»»

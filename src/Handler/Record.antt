-- ===== src/Handler/Record.antt =====
-- ngx_sentinel_log_handler: what it records.
use nginx_http_sentinel_modu.Prelude.{
  ℕ, ◌≤◌, ◌<◌, ◌≡◌, refl, Bool, true, false, Option, some, arith, leb, ◌==◌, length, Bytes,
}
use nginx_http_sentinel_modu.Nginx.{Request}
use nginx_http_sentinel_modu.Shm.Zone.{Zone}
use nginx_http_sentinel_modu.Shm.Window.Refine.{spec_record}
use nginx_http_sentinel_modu.Shm.Errrate.{record_locked, errrate_record}
use nginx_http_sentinel_modu.Shm.Errrate.Track.{IsSound, track}
use nginx_http_sentinel_modu.Shm.Errrate.Put.{Updates}
use nginx_http_sentinel_modu.Shm.Errrate.Refine.{record_refines}
use nginx_http_sentinel_modu.Signal.Config.{NginxLib, LocConf}
use nginx_http_sentinel_modu.Signal.Gather.{Zones}
use nginx_http_sentinel_modu.Handler.{Env, final_status, record_into, log_handler}

-- The zone after one event of the identity, as the specification says.
pub record Recorded (z : Zone) (now : ℕ) (k : Bytes) (o : Option Zone) : Type 0 where
  pub zone : Zone
  pub is : o ≡ some zone
  pub updates : Updates z now k (spec_record z (track z.queue k) now).1 zone
  pub sound : IsSound now zone

record_into-Recorded :
    (z : Zone) (k : Bytes) (now : ℕ)
    → IsSound now z
    → 0 < z.threshold
    → Recorded z now k (record_into true (some z) k now true)
unfolding errrate_record
record_into-Recorded z k now s h =
    let r = record_refines z k now s h in
    record { zone = (record_locked z k now true).1; is = refl; updates = r.1; sound = r.2 }

skipped :
    (b : Bool) (z : Zone) (k : Bytes) (now : ℕ) (fits : Bool)
    → b ≡ false
    → record_into b (some z) k now fits ≡ some z
skipped b z k now fits e = rw e refl

logged :
    (lib : NginxLib) (r : Request) (lcf : LocConf) (env : Env) (zs : Zones)
    → lcf.enabled ≡ true
    → 0 < length r.addr_text
    → log_handler lib r lcf env zs ≡ record zs {
      vel_zone = record_into true zs.vel_zone (lib.sha256 r.addr_text) env.now env.node_fits;
      zone =
          record_into
            (leb 400 (final_status r))
            zs.zone
            (lib.sha256 r.addr_text)
            env.now
            env.node_fits;
    }
unfolding log_handler
logged lib r lcf env zs on addr =
    let some_addr : (length r.addr_text == 0) ≡ false = ground arith in simp (on, some_addr) refl

-- With the module on, both zones bound, well formed and with room, and a client address: every
-- completed request is recorded as one event of the client in the velocity zone, and exactly the
-- requests that end in a status of 400 or more in the error-rate zone; each recording acts on the
-- map of tracks as the specification says.
pub log_handler_records :
    (lib : NginxLib) (r : Request) (lcf : LocConf) (env : Env) (zs : Zones) (v z : Zone)
    → lcf.enabled ≡ true
    → 0 < length r.addr_text
    → env.node_fits ≡ true
    → zs.vel_zone ≡ some v
    → zs.zone ≡ some z
    → IsSound env.now v
    → IsSound env.now z
    → 0 < v.threshold
    → 0 < z.threshold
    → let zs' = log_handler lib r lcf env zs in
      Recorded v env.now (lib.sha256 r.addr_text) zs'.vel_zone
      × (400 ≤ final_status r → Recorded z env.now (lib.sha256 r.addr_text) zs'.zone)
      × (final_status r < 400 → zs'.zone ≡ some z)
log_handler_records lib r lcf env zs v z on addr fits ev ez sv sz tv tz =
    let k = lib.sha256 r.addr_text in
    rw (logged lib r lcf env zs on addr, ev, ez, fits)
      (
        record_into-Recorded v k env.now sv tv,
        (λ h.
            let err : leb 400 (final_status r) ≡ true = ground arith in
            rw err (record_into-Recorded z k env.now sz tz)),
        (λ h. skipped (leb 400 (final_status r)) z k env.now true (ground arith)),
      )
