-- ===== src/Handler/Tests.antt =====
-- The theorems on enforcement at a concrete request.
use nginx_http_sentinel_modu.Prelude.{
  List, ◌+◌, ◌%◌, ◌^◌, ◌≤◌, ◌<◌, replicate, length-replicate, arith, ◌++◌, ◌≡◌, refl, true, false,
  [], ◌∷◌, some, none, codes, length, if◌then◌else◌, bytes_eq, take,
}
use nginx_http_sentinel_modu.Prelude.Int.{pos}
use nginx_http_sentinel_modu.Shm.Zone.{Zone}
use nginx_http_sentinel_modu.Shm.Errrate.{errrate_lookup}
use nginx_http_sentinel_modu.Shm.Errrate.Track.{IsSound}
use nginx_http_sentinel_modu.Ring.{Entry, used, push_ring, empty_entry, Ring}
use nginx_http_sentinel_modu.Ring.Fifo.{IsRing, queue}
use nginx_http_sentinel_modu.Nginx.{status, busy, ok, Request, Header, inet}
use nginx_http_sentinel_modu.Handler.Block.{local_block}
use nginx_http_sentinel_modu.Handler.{log_handler, final_status, Shared, Env, dispatch}
use nginx_http_sentinel_modu.Handler.Record.{Recorded, log_handler_records}
use nginx_http_sentinel_modu.Prelude.Int.{pos}
use nginx_http_sentinel_modu.Score.{Weights, block, cs_ban}
use nginx_http_sentinel_modu.Signal.Ja4h.{PrintLib}
use nginx_http_sentinel_modu.Signal.Config.{NginxLib, LocConf}
use nginx_http_sentinel_modu.Signal.Gather.{Ctx, zero_inputs, Zones}
use nginx_http_sentinel_modu.Tarpit.{TarpitConf}
use nginx_http_sentinel_modu.Pow.{PowLib, PowConf}
use nginx_http_sentinel_modu.Metrics.{requests, metric_get}
use nginx_http_sentinel_modu.Metrics.Counts.{counters, counters_IsCounters}
use nginx_http_sentinel_modu.Metrics.Balance.{verdict_sum}
use nginx_http_sentinel_modu.Handler.Counts.{Call, handle_all, counted_all, handler_counts}
use nginx_http_sentinel_modu.Handler.Enforce.{no_ban_loop}

abbrev print_lib : PrintLib
print_lib = record {
  http_get = 2;
  http_post = 8;
  http_put = 16;
  http_delete = 32;
  http_head = 4;
  http_options = 512;
  http_patch = 16384;
  version_20 = 2000;
  version_11 = 1001;
  strncasecmp = λ s t n. if bytes_eq (take n s) (take n t) then pos 0 else pos 1;
  tolower = λ c. c;
  sort = λ cmp names. names;
  sha256 = λ b. replicate 32 (length b);
}

abbrev lib : NginxLib
lib = record {
  complex_value = λ r s. some s;
  cidr_match = λ s cs. ok;
  atoi = λ b. some (length b);
  strncasecmp_eq = λ s t n. true;
  sha256 = λ b. b;
  print = print_lib;
}

abbrev host : Header
host = record { hash = 1; key = codes "host"; value = codes "a.example" }

-- A crawler's User-Agent, a decoy path, and two Host headers in two parts of the list.
abbrev request : Request
request = record {
  uri = codes "/.git/config";
  method = 2;
  http_version = 1001;
  headers = (host ∷ []) ∷ (host ∷ []) ∷ [];
  host = some (codes "a.example");
  content_length = none;
  transfer_encoding = none;
  user_agent = some (codes "Googlebot/2.1");
  accept = none;
  accept_language = none;
  accept_encoding = none;
  addr_text = codes "192.0.2.1";
  sockaddr = some (inet (192 ∷ 0 ∷ 2 ∷ 1 ∷ []));
  err_status = 0;
  out_status = 200;
}

abbrev weights : Weights
weights = record {
  errrate = pos 2;
  blocked = pos 40;
  scanner = pos 30;
  bot = pos 15;
  header = pos 10;
  honeypot = pos 50;
  velocity = pos 20;
  asn = pos 10;
  coherence = pos 10;
  ja3 = pos 40;
  ja4 = pos 40;
  ja4t = pos 40;
  c2ip = pos 60;
  crowdsec = pos 100;
}

abbrev conf : LocConf
conf = record {
  enabled = true;
  shadow = false;
  weights = weights;
  threshold = record { challenge = pos 30; tarpit = pos 60; block = pos 80 };
  decoy_paths = codes "/wp-old" ∷ codes "/.git" ∷ [];
  allow_cidrs = codes "192.0.2.0/24" ∷ [];
  asn_source = none;
  asn_list = [];
  ja3_source = none;
  ja3_list = [];
  ja4_source = none;
  ja4_list = [];
  ja4t_source = none;
  ja4t_list = [];
  c2ip_tree = none;
  c2ip_tree6 = none;
  block_status = 403;
  block_ttl = 600;
  throttle_rate = 0;
  shield = false;
  redis_host = [];
  redis_ttl = 600;
  cs_sink_path = [];
  cs_sink_ttl = 600;
  resolver = false;
}

abbrev pow_lib : PowLib
pow_lib = record {
  hmac = λ key msg. some [];
  sha256 = λ b. b;
  print = λ n. [];
  atotm = λ b. none;
  cookie = λ r name. none;
  strncasecmp_eq = λ s t n. true;
  arg = λ r name. none;
}

abbrev pow_conf : PowConf
pow_conf = record { enabled = true; secret = codes "k"; difficulty = 8; ttl = 2 }

abbrev tarpit_conf : TarpitConf
tarpit_conf = record { max_conns = 4; delay = 1000; bytes = 100; max_lifetime = 60000; maze = true }

abbrev env : Env
env = record {
  now = 100;
  now_msec = 100000;
  worker = 0;
  ctx_alloc = true;
  node_fits = true;
  cookie_alloc = true;
  page_alloc = true;
  start = record { ctx_alloc = true; cleanup_alloc = true; header_rc = ok; seed = 7 };
  strlen = 113;
}

abbrev ring : Ring
ring = record { head = 0; tail = 0; dropped = 0; ring = [] }

abbrev shared : Shared
shared = record {
  zones = record { zone = none; vel_zone = none; fcrdns_zone = none; cs_zone = none };
  conns = some (0 ∷ []);
  push = some ring;
  sink = some ring;
  metrics = some counters;
}

-- A client that the ban table bans, blocked.
abbrev ctx : Ctx
ctx = record {
  inputs = record zero_inputs { crowdsec_hit = true; crowdsec_action = cs_ban };
  score = pos 100;
  verdict = block;
  resolving = false;
}

no_ban_loop_example :
    let s' = (dispatch lib pow_lib request conf pow_conf tarpit_conf env (some ctx) shared).1 in
    (s'.push ≡ some ring) × (s'.sink ≡ some ring)
no_ban_loop_example = no_ban_loop lib pow_lib request conf pow_conf tarpit_conf env ctx shared refl

-- Two requests, the second in shadow mode.
abbrev call : Call
call = record {
  request = request;
  conf = record conf { enabled = true };
  pow = pow_conf;
  tarpit = tarpit_conf;
  env = env;
  cached = some ctx;
}

abbrev calls : List Call
calls = call ∷ record call { conf = record conf { enabled = true; shadow = true } } ∷ []

handler_counts_example :
    let s' = handle_all lib pow_lib calls shared in
    (metric_get s'.metrics requests
      ≡ (metric_get shared.metrics requests + length (counted_all lib pow_lib calls shared))
        % 2 ^ 64)
    × (verdict_sum shared.metrics % 2 ^ 64 ≡ metric_get shared.metrics requests % 2 ^ 64
        → verdict_sum s'.metrics % 2 ^ 64 ≡ metric_get s'.metrics requests % 2 ^ 64)
handler_counts_example = handler_counts lib pow_lib calls shared counters refl counters_IsCounters

-- A fresh zone, and a ring that is empty.
abbrev zone : Zone
zone = record { interval = 60; block = 300; threshold = 3; cs_generation = 0; queue = [] }

abbrev fresh : Ring
fresh = record { head = 0; tail = 0; dropped = 0; ring = replicate push_ring empty_entry }

fresh-IsRing : IsRing fresh
unfolding used
fresh-IsRing = record {
  head = omega arith;
  tail = omega arith;
  bound = omega arith;
  size = length-replicate push_ring empty_entry;
}

zone-IsSound : IsSound 100 zone
zone-IsSound = record { valid = tt; distinct = tt; past = tt }

abbrev exporting : LocConf
exporting = record conf { redis_host = codes "redis.example" }

abbrev own : Ctx
own = record ctx { inputs = zero_inputs }

abbrev ready : Shared
ready = record shared {
  zones = record { zone = some zone; vel_zone = none; fcrdns_zone = none; cs_zone = none };
  push = some fresh;
}

local_block_example :
    let (out, s') =
      dispatch lib pow_lib request exporting pow_conf tarpit_conf env (some own) ready in
    let entry : Entry = record { ip = request.addr_text; action = cs_ban; expiry = 700 } in
    (out.rc ≡ status 403)
    × ((errrate_lookup s'.zones.zone request.addr_text 500).0
        ≡ record { rc = busy; count = 3; blocked_until = 700 })
    × ((p' : Ring) × (s'.push ≡ some p') × IsRing p' × (queue p' ≡ queue fresh ++ (entry ∷ [])))
unfolding used
local_block_example =
    local_block lib pow_lib request exporting pow_conf tarpit_conf env own ready zone fresh 500 refl
      refl refl refl zone-IsSound (omega arith) refl (omega arith) refl fresh-IsRing (omega arith)
      (omega arith) (omega arith) (omega arith) (omega arith)

-- A request that ends in 404.
abbrev missing : Request
missing = record request { out_status = 404 }

abbrev logging : Zones
logging = record { zone = some zone; vel_zone = some zone; fcrdns_zone = none; cs_zone = none }

log_handler_records_example :
    let zs' = log_handler lib missing conf env logging in
    Recorded zone 100 missing.addr_text zs'.vel_zone
    × (400 ≤ final_status missing → Recorded zone 100 missing.addr_text zs'.zone)
    × (final_status missing < 400 → zs'.zone ≡ some zone)
log_handler_records_example =
    log_handler_records lib missing conf env logging zone zone refl (omega arith) refl refl refl
      zone-IsSound zone-IsSound (omega arith) (omega arith)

««

What is required – Reply with the number of lines in the entries that hold the word "velocity", and add no other words.

Answer section – 2